To sell its case, the administration is borrowing from the fear mongering tactics of the Bush administration. ISIS poses no direct, immediate threat to the United States -- The White House even said so yesterday, just hours before bombing commenced - yet we are being sold make-believe about ISIS sleeper cells.
This attack on Syria, under the guise of striking ISIS, is by definition, a war of aggression. It is a violation of international law. It could lead to crimes against humanity and the deaths of untold numbers of innocent civilians. No amount of public relations or smooth talking can change that.
And yes, members of this Democratic administration, including the president who executed this policy, must be held accountable by the International Criminal Court and by the American people, who he serves.
But as we know, war is a powerful and cynical PR tactic. I expect the bombing of Syria will momentarily boost the White House's popularity with self-serving heroic accounts of damage inflicted upon ISIS (and the U.S. equipment they use). Stuffing the November ballot box with bombs and missiles may even help the Democratic Party retain the Senate.
But after the election the voters will discover that the president played into the hands of extremists, hurt civilians, and embroiled our country deep into another conflict in the Middle East.
There were alternatives. The U.S. and the international community could have contained and shrunk ISIS by cutting off its funds and its revenue from sale of oil on the black market. We could have looked to strike a deal with Syria and Iran.
In foreign policy, the administration has failed. Congress has failed. Both the Democratic and Republican Parties have passed the national checkbook to their patrons in the war contracting business. And passed the bill to future generations.
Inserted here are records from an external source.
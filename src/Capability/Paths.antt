-- ===== src/Capability/Paths.antt =====
-- `os.path.normpath` of a POSIX system, as the capability manager uses it, over code points.
pub mod Laws
pub mod Containment
use constrails.Prelude.{
  ℕ, Bool, true, false, not, ◌&&◌, ◌||◌, List, [], ◌∷◌, ◌++◌, nat_eq, if◌then◌else◌, codes_eq,
  is_prefix,
}

abbrev pub dot : List ℕ
dot = b'.' ∷ []

abbrev pub dot_dot : List ℕ
dot_dot = b'.' ∷ b'.' ∷ []

abbrev add_head : ℕ → List (List ℕ) → List (List ℕ)
add_head c [] = (c ∷ []) ∷ []
add_head c (part ∷ parts) = (c ∷ part) ∷ parts

-- `path.split('/')`
unfoldable pub split_slash : List ℕ → List (List ℕ)
split_slash [] = [] ∷ []
split_slash (c ∷ cs) =
    let parts = split_slash cs in if nat_eq c b'/' then [] ∷ parts else add_head c parts

-- `'/'.join(parts)`
unfoldable pub join_slash : List (List ℕ) → List ℕ
join_slash [] = []
join_slash (part ∷ []) = part
join_slash (part ∷ next ∷ parts) = part ++ b'/' ∷ join_slash (next ∷ parts)

-- Whether the last of the parts, the head of the stack, is "..".
abbrev pub top_is_dots : List (List ℕ) → Bool
top_is_dots [] = false
top_is_dots (part ∷ parts) = codes_eq part dot_dot

abbrev is_nil {ℓ} : {A : Type ℓ} → List A → Bool
is_nil [] = true
is_nil (x ∷ xs) = false

abbrev tail {ℓ} : {A : Type ℓ} → List A → List A
tail [] = []
tail (x ∷ xs) = xs

-- One round of the loop. The stack has the last part at its head.
unfoldable pub push_part : Bool → List (List ℕ) → List ℕ → List (List ℕ)
push_part absolute stack part =
    if codes_eq part [] || codes_eq part dot
    then stack
    else if not (codes_eq part dot_dot) || (not absolute && is_nil stack) || top_is_dots stack
    then part ∷ stack
    else tail stack

unfoldable pub push_all : Bool → List (List ℕ) → List (List ℕ) → List (List ℕ)
push_all absolute stack [] = stack
push_all absolute stack (part ∷ parts) = push_all absolute (push_part absolute stack part) parts

unfoldable pub reverse_onto : List (List ℕ) → List (List ℕ) → List (List ℕ)
reverse_onto [] out = out
reverse_onto (part ∷ stack) out = reverse_onto stack (part ∷ out)

unfoldable pub is_absolute : List ℕ → Bool
is_absolute path = is_prefix (b'/' ∷ []) path

-- Two leading slashes stay two, and three or more become one.
unfoldable pub leading : List ℕ → List ℕ
unfolding is_absolute
leading path =
    if is_prefix (b'/' ∷ b'/' ∷ []) path && not (is_prefix (b'/' ∷ b'/' ∷ b'/' ∷ []) path)
    then b'/' ∷ b'/' ∷ []
    else if is_absolute path
    then b'/' ∷ []
    else []

abbrev pub or_dot : List ℕ → List ℕ
or_dot [] = dot
or_dot (c ∷ cs) = c ∷ cs

-- The parts that stay.
unfoldable pub parts_of : List ℕ → List (List ℕ)
parts_of path = reverse_onto (push_all (is_absolute path) [] (split_slash path)) []

unfoldable pub normpath : List ℕ → List ℕ
normpath path = or_dot (leading path ++ join_slash (parts_of path))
The American people, who in 2008 searched for something redemptive after years of George W. Bush's war, realize in 2014 that hope and change was but a clever slogan. It was used to gain power and to keep it through promoting fear, war, the growth of the National Security state, and an autumnal bonfire of countless billions of tax dollars which fall like leaves from money trees on the banks of the Potomac.
Comments:
+14 # 2014-09-25 15:39
The definition of a failed state appears to be one from which we have thus far failed to extract the natural resources. For me, the scales were lifted by Marine Gen. Smedley Butler, who described being hauled from one "failed" banana republic to another in his epic work War if a Racket (free on line). It passed almost unnoticed when just three days ago Afghanistan's Hamid Karzai bitterly described U.S. involvement as advancing corporate rather than democratic goals,( he was immediately denounced as an ingrate by Ambassador Cunningham )but this resource map of the country would seem to shed a new light on the subject: http://thenewslink.com/Afghanistan-Mineral-Map.html
+22 # 2014-09-25 18:42
As far as I know, Dennis has always told the truth. That may be why the Ohio Democrats would not help him. He deserves all of our support.
+2 # 2014-09-25 19:45
I think the real reason we're bombing Syria is ETs have a domicile there. Assad hasn't in any way given permission for this outrage.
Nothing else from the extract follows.